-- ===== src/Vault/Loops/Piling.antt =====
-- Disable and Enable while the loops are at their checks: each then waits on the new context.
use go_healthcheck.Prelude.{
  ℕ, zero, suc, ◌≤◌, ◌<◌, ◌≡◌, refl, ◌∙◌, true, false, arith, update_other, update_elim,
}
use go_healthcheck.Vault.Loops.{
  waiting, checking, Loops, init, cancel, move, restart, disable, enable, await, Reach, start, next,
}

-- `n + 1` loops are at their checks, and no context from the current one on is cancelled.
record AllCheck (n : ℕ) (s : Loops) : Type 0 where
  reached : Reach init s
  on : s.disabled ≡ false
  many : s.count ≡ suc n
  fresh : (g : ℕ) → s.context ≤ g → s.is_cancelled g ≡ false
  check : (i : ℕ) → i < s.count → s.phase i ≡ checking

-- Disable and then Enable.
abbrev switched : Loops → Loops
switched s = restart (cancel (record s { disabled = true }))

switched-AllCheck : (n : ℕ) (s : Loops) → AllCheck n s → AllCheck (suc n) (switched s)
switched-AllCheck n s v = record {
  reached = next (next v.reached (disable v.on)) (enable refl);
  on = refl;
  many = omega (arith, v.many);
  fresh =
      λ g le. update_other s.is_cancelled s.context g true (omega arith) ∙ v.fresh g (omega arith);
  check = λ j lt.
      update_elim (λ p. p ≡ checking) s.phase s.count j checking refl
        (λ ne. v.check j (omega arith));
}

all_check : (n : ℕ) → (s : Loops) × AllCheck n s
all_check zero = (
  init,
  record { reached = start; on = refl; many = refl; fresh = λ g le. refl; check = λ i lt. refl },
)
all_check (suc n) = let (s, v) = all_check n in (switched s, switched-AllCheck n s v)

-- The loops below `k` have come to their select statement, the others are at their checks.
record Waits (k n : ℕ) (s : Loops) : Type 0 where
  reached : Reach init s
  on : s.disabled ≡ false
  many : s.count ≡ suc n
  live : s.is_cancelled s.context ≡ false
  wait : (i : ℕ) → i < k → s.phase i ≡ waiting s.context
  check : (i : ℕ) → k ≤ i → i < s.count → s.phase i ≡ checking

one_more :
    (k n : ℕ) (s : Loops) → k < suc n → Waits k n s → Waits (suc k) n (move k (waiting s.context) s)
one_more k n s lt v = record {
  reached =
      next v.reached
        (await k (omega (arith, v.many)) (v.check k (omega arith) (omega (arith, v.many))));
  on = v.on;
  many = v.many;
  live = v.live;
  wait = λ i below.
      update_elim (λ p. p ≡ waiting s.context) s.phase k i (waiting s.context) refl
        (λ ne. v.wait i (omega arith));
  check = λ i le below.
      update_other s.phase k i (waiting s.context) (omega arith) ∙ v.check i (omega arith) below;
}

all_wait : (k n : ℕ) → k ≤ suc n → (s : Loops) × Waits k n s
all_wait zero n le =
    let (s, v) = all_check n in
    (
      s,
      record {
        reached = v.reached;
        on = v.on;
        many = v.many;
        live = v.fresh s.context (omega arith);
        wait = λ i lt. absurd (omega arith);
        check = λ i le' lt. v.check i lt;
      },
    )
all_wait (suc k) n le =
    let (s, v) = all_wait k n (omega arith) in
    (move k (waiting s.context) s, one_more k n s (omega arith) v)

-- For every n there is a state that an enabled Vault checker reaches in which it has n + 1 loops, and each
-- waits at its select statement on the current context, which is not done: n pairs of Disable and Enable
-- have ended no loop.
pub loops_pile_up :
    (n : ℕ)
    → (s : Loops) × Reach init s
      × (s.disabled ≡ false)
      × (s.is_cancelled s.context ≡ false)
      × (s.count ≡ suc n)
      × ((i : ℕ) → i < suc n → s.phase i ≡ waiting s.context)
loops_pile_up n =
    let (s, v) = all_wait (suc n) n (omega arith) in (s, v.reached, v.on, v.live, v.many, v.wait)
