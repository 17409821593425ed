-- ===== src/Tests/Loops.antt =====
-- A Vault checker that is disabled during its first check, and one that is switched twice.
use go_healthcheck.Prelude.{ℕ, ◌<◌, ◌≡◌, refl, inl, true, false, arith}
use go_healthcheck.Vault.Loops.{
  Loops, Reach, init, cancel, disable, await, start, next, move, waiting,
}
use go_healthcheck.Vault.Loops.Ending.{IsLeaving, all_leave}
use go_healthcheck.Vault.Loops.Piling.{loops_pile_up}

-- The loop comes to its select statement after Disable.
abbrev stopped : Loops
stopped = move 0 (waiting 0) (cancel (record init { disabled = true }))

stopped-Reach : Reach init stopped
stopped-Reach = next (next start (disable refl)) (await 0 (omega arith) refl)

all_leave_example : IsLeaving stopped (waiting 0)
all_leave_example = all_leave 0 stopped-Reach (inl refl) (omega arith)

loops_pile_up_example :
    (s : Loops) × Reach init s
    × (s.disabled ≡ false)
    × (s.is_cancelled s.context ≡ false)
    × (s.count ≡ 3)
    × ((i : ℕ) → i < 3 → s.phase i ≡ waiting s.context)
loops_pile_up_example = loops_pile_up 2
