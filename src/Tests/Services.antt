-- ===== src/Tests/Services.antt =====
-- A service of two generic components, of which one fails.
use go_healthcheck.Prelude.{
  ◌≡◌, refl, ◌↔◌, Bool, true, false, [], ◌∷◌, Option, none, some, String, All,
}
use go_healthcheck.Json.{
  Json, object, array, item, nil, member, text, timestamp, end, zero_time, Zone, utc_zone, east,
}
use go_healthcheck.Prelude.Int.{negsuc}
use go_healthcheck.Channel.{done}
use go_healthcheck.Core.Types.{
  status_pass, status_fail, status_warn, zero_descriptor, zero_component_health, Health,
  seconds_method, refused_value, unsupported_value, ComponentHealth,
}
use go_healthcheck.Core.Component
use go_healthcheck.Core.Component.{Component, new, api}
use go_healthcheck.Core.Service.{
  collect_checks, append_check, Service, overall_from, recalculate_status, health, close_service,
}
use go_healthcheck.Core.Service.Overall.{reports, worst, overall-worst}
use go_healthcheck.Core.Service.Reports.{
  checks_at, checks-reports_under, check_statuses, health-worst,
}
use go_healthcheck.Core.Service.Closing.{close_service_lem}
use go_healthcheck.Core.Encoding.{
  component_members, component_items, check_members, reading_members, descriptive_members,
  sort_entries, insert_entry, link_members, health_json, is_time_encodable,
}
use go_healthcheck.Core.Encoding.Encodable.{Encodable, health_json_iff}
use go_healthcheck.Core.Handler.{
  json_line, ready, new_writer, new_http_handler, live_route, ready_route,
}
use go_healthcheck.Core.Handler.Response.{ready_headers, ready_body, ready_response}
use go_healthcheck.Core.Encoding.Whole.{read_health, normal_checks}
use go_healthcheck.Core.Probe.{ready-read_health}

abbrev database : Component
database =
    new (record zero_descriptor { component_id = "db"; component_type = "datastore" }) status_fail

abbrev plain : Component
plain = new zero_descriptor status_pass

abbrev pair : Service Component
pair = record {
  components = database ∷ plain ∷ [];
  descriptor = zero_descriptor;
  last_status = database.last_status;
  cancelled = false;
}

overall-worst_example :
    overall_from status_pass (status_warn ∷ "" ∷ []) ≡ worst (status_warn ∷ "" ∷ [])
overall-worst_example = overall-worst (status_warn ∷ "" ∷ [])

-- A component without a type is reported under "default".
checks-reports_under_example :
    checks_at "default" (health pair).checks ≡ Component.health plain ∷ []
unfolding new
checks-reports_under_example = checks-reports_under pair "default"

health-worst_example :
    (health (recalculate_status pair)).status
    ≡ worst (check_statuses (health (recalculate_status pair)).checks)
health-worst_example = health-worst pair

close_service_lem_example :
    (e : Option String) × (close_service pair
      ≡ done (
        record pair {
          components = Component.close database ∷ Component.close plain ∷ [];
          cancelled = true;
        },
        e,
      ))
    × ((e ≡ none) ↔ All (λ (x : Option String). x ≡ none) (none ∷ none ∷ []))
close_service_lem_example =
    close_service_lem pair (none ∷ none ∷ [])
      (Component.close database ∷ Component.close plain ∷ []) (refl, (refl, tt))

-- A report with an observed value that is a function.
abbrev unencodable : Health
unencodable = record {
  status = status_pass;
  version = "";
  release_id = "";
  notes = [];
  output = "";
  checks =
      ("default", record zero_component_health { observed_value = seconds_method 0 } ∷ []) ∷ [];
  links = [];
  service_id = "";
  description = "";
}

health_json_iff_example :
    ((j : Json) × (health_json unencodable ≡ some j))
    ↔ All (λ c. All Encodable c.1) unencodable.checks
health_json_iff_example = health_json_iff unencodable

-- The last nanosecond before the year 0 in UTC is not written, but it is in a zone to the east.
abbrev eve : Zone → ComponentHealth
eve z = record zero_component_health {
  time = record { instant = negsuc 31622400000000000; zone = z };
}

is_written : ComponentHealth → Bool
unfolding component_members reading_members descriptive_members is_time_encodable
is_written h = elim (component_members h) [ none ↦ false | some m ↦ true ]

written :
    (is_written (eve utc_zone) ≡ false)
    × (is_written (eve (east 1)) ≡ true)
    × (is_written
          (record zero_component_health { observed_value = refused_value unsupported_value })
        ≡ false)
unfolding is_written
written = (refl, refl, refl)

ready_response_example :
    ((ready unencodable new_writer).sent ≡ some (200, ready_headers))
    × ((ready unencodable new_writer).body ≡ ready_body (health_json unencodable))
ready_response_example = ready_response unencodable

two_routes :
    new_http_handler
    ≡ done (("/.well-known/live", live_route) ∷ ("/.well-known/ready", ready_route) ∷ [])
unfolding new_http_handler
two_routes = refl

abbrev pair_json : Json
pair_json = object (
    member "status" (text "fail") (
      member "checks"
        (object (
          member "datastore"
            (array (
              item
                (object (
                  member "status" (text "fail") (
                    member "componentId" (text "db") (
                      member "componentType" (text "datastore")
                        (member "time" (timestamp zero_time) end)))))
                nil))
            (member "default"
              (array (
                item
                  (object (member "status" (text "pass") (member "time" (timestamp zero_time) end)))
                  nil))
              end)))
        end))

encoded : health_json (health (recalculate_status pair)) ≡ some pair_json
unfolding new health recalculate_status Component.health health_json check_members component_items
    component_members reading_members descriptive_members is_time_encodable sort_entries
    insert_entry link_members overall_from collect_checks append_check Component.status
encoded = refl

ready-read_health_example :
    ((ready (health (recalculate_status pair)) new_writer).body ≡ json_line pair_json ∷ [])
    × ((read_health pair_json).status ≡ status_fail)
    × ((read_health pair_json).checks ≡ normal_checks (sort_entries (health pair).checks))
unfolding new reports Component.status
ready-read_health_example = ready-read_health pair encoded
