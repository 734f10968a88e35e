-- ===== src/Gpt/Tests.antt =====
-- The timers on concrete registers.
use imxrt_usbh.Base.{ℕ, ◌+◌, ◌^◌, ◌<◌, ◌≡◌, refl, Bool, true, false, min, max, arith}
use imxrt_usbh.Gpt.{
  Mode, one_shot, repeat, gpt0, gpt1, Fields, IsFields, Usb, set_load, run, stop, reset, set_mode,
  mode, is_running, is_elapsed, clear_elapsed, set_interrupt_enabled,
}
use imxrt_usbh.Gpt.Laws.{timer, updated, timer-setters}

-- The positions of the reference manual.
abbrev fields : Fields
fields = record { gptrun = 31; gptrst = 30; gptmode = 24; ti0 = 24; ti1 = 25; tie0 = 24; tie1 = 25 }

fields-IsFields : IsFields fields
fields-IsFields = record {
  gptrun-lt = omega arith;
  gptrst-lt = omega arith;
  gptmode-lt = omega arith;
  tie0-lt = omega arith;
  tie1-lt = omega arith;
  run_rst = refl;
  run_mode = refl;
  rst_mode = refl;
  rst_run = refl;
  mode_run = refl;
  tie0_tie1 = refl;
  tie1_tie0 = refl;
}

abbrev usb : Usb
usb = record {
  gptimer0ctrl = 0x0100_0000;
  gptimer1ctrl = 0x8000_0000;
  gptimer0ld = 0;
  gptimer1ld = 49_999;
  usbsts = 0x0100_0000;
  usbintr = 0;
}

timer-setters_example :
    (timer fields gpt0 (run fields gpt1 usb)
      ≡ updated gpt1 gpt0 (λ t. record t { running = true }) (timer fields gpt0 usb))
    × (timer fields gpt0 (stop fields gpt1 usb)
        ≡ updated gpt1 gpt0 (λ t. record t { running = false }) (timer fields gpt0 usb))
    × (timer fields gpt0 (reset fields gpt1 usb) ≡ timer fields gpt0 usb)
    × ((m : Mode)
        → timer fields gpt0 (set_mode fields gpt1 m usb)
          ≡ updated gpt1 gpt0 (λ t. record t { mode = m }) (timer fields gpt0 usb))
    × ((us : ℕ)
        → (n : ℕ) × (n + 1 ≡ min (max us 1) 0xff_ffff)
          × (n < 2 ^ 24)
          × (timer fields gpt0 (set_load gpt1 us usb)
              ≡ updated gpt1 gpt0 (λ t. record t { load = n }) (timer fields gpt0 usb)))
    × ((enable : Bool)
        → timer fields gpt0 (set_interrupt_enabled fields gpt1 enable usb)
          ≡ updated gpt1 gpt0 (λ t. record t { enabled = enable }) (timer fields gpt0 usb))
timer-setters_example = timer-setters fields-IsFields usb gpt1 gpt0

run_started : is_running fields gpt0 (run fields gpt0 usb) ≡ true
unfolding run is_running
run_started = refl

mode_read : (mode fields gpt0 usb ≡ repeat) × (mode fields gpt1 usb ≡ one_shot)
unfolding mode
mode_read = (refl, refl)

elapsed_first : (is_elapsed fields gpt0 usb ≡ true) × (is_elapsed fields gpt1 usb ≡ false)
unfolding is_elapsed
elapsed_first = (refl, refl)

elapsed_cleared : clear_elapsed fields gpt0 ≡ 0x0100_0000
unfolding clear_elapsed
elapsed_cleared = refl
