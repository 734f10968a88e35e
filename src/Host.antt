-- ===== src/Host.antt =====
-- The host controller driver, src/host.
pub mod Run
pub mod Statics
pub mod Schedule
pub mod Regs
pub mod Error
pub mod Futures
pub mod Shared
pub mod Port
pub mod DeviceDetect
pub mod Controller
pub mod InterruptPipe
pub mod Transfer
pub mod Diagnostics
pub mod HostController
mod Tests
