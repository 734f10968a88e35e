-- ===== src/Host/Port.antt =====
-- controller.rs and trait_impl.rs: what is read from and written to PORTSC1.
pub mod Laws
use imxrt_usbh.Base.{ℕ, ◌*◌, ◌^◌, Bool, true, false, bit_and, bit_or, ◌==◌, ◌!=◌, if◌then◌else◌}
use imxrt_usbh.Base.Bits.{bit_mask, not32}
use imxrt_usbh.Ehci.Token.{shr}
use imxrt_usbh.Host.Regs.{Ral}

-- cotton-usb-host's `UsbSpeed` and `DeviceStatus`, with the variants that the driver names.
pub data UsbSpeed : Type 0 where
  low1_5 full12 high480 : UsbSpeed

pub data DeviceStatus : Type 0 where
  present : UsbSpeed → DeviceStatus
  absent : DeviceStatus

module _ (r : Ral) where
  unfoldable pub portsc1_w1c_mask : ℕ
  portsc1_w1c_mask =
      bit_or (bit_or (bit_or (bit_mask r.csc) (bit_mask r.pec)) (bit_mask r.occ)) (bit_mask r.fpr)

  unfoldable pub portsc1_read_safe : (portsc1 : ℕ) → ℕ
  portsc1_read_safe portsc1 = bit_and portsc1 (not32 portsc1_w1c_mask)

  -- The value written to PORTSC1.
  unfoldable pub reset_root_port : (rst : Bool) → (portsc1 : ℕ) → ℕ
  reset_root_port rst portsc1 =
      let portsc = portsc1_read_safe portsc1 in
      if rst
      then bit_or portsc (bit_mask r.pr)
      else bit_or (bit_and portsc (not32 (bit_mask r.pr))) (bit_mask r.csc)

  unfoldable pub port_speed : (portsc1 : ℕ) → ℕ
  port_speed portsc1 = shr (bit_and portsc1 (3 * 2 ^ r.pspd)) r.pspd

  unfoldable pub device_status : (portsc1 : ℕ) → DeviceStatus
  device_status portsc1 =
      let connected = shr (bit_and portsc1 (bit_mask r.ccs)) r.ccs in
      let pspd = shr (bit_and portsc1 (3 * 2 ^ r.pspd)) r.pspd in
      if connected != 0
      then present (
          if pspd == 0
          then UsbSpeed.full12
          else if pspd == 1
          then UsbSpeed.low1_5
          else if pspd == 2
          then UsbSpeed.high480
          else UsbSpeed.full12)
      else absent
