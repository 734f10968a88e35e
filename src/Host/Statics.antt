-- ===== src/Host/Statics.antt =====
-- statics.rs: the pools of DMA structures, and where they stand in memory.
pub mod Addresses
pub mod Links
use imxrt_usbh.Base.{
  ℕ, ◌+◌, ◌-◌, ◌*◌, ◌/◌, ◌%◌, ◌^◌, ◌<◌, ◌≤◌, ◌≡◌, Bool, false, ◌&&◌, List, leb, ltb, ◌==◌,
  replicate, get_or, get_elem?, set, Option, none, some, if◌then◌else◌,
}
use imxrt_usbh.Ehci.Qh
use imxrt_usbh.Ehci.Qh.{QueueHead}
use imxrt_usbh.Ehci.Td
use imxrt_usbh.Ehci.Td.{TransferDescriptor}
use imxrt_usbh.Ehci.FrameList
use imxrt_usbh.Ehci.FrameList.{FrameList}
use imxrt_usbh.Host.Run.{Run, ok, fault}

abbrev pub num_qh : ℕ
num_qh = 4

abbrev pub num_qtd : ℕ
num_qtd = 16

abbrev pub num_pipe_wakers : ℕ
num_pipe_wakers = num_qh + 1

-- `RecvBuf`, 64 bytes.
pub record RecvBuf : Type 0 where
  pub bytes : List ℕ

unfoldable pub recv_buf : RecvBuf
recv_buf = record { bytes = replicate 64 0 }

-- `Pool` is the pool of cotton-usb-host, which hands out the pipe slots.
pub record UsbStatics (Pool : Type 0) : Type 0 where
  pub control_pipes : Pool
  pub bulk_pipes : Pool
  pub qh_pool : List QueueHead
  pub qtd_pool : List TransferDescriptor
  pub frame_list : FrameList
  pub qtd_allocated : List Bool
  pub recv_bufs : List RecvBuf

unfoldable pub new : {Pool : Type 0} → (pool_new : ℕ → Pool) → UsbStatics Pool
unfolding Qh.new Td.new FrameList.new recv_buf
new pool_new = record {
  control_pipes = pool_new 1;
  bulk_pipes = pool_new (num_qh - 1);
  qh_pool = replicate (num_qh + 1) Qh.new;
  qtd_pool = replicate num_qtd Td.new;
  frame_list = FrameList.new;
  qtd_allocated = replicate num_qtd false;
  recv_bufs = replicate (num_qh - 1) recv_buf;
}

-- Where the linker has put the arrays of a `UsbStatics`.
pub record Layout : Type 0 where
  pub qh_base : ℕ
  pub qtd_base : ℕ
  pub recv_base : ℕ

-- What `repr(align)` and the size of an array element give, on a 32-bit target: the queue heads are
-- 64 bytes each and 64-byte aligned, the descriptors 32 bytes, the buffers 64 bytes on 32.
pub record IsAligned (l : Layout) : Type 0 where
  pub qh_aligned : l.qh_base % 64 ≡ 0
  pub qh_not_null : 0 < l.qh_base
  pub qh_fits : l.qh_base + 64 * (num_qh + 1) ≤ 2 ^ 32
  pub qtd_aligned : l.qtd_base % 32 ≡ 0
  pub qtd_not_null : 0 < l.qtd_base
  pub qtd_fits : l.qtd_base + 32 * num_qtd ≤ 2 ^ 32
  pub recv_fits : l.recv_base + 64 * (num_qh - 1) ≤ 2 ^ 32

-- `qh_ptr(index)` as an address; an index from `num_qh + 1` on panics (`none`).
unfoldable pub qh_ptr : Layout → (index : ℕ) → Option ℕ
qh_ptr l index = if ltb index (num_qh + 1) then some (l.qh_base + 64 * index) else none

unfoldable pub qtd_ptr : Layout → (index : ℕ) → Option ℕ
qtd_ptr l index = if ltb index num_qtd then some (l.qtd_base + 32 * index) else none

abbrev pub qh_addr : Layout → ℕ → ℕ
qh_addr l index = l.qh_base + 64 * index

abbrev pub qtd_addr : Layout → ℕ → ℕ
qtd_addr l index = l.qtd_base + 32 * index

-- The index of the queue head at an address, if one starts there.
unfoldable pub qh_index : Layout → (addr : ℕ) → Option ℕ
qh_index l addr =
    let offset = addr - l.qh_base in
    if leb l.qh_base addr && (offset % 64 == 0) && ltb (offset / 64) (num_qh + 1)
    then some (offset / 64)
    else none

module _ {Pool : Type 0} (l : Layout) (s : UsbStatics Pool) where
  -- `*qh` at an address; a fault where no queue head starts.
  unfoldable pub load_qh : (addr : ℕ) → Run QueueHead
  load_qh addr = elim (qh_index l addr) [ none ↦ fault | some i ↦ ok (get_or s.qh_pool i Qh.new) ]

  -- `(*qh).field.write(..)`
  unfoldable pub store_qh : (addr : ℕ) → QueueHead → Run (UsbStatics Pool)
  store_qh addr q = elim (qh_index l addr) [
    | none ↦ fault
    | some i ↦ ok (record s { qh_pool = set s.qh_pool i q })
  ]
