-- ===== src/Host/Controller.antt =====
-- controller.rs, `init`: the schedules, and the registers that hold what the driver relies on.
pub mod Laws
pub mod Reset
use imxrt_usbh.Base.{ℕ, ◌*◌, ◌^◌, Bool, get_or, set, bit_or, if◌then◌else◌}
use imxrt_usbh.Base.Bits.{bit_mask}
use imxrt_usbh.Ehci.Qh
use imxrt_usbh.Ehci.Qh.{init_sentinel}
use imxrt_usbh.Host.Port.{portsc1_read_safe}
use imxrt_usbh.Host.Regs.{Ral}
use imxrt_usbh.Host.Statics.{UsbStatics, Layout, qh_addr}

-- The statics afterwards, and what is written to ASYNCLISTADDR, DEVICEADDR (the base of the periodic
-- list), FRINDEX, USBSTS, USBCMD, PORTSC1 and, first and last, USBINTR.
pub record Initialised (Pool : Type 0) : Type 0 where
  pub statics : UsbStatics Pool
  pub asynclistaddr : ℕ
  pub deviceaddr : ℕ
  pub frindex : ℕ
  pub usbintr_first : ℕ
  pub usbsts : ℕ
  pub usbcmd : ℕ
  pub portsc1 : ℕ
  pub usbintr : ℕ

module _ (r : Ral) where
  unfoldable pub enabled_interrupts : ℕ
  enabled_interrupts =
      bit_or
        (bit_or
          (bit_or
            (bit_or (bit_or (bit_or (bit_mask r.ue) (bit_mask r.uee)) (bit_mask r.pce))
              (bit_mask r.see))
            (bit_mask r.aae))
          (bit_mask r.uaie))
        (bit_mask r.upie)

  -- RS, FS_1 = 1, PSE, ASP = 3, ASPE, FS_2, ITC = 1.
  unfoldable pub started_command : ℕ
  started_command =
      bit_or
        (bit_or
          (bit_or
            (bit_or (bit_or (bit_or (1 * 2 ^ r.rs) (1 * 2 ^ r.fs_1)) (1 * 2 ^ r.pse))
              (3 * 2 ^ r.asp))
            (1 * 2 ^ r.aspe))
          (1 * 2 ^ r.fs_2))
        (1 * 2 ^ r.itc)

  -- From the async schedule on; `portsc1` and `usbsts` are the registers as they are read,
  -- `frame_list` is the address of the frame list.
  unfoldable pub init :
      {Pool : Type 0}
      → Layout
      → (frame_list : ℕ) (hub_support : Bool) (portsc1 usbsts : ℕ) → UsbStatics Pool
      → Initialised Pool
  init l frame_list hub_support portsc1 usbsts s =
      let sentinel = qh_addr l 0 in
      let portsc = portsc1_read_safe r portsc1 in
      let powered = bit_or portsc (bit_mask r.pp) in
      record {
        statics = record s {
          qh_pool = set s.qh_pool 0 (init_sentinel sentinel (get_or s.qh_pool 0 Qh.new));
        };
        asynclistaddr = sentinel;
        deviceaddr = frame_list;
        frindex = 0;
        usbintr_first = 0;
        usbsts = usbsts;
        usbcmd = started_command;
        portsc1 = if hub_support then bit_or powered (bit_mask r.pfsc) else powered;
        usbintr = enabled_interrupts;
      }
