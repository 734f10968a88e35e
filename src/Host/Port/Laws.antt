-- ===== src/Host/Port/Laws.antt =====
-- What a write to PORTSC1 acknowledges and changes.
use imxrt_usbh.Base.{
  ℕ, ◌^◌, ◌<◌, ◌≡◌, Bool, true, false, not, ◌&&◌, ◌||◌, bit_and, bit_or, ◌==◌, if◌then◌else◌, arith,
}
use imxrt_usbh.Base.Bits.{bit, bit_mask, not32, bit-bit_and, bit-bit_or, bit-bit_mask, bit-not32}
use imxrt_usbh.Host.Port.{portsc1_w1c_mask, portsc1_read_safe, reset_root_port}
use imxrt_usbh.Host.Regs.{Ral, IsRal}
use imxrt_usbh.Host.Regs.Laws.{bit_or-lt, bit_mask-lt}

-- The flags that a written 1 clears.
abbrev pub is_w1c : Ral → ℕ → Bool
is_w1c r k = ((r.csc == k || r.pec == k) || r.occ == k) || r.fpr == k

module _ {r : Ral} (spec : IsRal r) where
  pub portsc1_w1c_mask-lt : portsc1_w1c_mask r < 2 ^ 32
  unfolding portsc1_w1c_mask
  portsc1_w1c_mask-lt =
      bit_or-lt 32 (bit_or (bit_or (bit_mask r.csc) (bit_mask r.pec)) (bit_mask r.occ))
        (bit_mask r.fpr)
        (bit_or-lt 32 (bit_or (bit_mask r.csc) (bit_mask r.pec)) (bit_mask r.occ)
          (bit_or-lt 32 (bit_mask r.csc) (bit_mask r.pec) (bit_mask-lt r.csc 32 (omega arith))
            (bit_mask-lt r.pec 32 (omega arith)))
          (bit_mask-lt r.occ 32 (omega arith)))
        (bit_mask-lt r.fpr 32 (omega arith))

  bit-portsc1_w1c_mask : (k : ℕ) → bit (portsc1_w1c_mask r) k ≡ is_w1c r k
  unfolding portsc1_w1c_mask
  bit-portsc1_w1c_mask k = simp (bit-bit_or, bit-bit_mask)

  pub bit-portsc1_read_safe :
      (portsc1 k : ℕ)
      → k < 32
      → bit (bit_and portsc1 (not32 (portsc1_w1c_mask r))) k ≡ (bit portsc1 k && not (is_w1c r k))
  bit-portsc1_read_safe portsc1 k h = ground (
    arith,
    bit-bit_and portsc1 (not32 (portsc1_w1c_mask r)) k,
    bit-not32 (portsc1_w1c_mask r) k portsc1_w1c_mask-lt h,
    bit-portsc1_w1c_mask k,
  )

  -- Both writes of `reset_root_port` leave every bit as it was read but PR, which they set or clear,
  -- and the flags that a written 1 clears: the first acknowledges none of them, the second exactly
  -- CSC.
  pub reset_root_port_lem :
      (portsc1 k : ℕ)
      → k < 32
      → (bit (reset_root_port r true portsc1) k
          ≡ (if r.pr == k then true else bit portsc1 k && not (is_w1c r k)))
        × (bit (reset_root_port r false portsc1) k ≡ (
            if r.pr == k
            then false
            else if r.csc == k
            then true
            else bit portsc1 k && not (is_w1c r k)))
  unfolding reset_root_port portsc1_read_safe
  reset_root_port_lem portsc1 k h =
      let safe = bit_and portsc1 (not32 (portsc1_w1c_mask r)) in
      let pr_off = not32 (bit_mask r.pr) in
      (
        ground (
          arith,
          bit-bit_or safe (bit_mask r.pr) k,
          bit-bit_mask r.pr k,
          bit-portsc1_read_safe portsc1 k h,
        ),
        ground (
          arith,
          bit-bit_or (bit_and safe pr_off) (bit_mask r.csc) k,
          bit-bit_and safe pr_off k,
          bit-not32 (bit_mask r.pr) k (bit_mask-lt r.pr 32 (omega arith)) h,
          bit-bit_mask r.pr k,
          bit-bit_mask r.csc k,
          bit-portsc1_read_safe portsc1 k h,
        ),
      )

---*---

- [Task to complete]:
Copy out, word for word, the part of the entries above that begins at the line with "reached = next" and ends at the line with "let (s, v) = all_wait k", including both.

- [Task solution]:
  reached = next (next v.reached (disable v.on)) (enable refl);
  on = refl;
  many = omega (arith, v.many);
  fresh =
      λ g le. update_other s.is_cancelled s.context g true (omega arith) ∙ v.fresh g (omega arith);
  check = λ j lt.
      update_elim (λ p. p ≡ checking) s.phase s.count j checking refl
        (λ ne. v.check j (omega arith));
}

all_check : (n : ℕ) → (s : Loops) × AllCheck n s
all_check zero = (
  init,
  record { reached = start; on = refl; many = refl; fresh = λ g le. refl; check = λ i lt. refl },
)
all_check (suc n) = let (s, v) = all_check n in (switched s, switched-AllCheck n s v)

-- The loops below `k` have come to their select statement, the others are at their checks.
record Waits (k n : ℕ) (s : Loops) : Type 0 where
  reached : Reach init s
  on : s.disabled ≡ false
  many : s.count ≡ suc n
  live : s.is_cancelled s.context ≡ false
  wait : (i : ℕ) → i < k → s.phase i ≡ waiting s.context
  check : (i : ℕ) → k ≤ i → i < s.count → s.phase i ≡ checking

one_more :
    (k n : ℕ) (s : Loops) → k < suc n → Waits k n s → Waits (suc k) n (move k (waiting s.context) s)
one_more k n s lt v = record {
  reached =
      next v.reached
        (await k (omega (arith, v.many)) (v.check k (omega arith) (omega (arith, v.many))));
  on = v.on;
  many = v.many;
  live = v.live;
  wait = λ i below.
      update_elim (λ p. p ≡ waiting s.context) s.phase k i (waiting s.context) refl
        (λ ne. v.wait i (omega arith));
  check = λ i le below.
      update_other s.phase k i (waiting s.context) (omega arith) ∙ v.check i (omega arith) below;
}

all_wait : (k n : ℕ) → k ≤ suc n → (s : Loops) × Waits k n s
all_wait zero n le =
    let (s, v) = all_check n in
    (
      s,
      record {
        reached = v.reached;
        on = v.on;
        many = v.many;
        live = v.fresh s.context (omega arith);
        wait = λ i lt. absurd (omega arith);
        check = λ i le' lt. v.check i lt;
      },
    )
all_wait (suc k) n le =
    let (s, v) = all_wait k n (omega arith) in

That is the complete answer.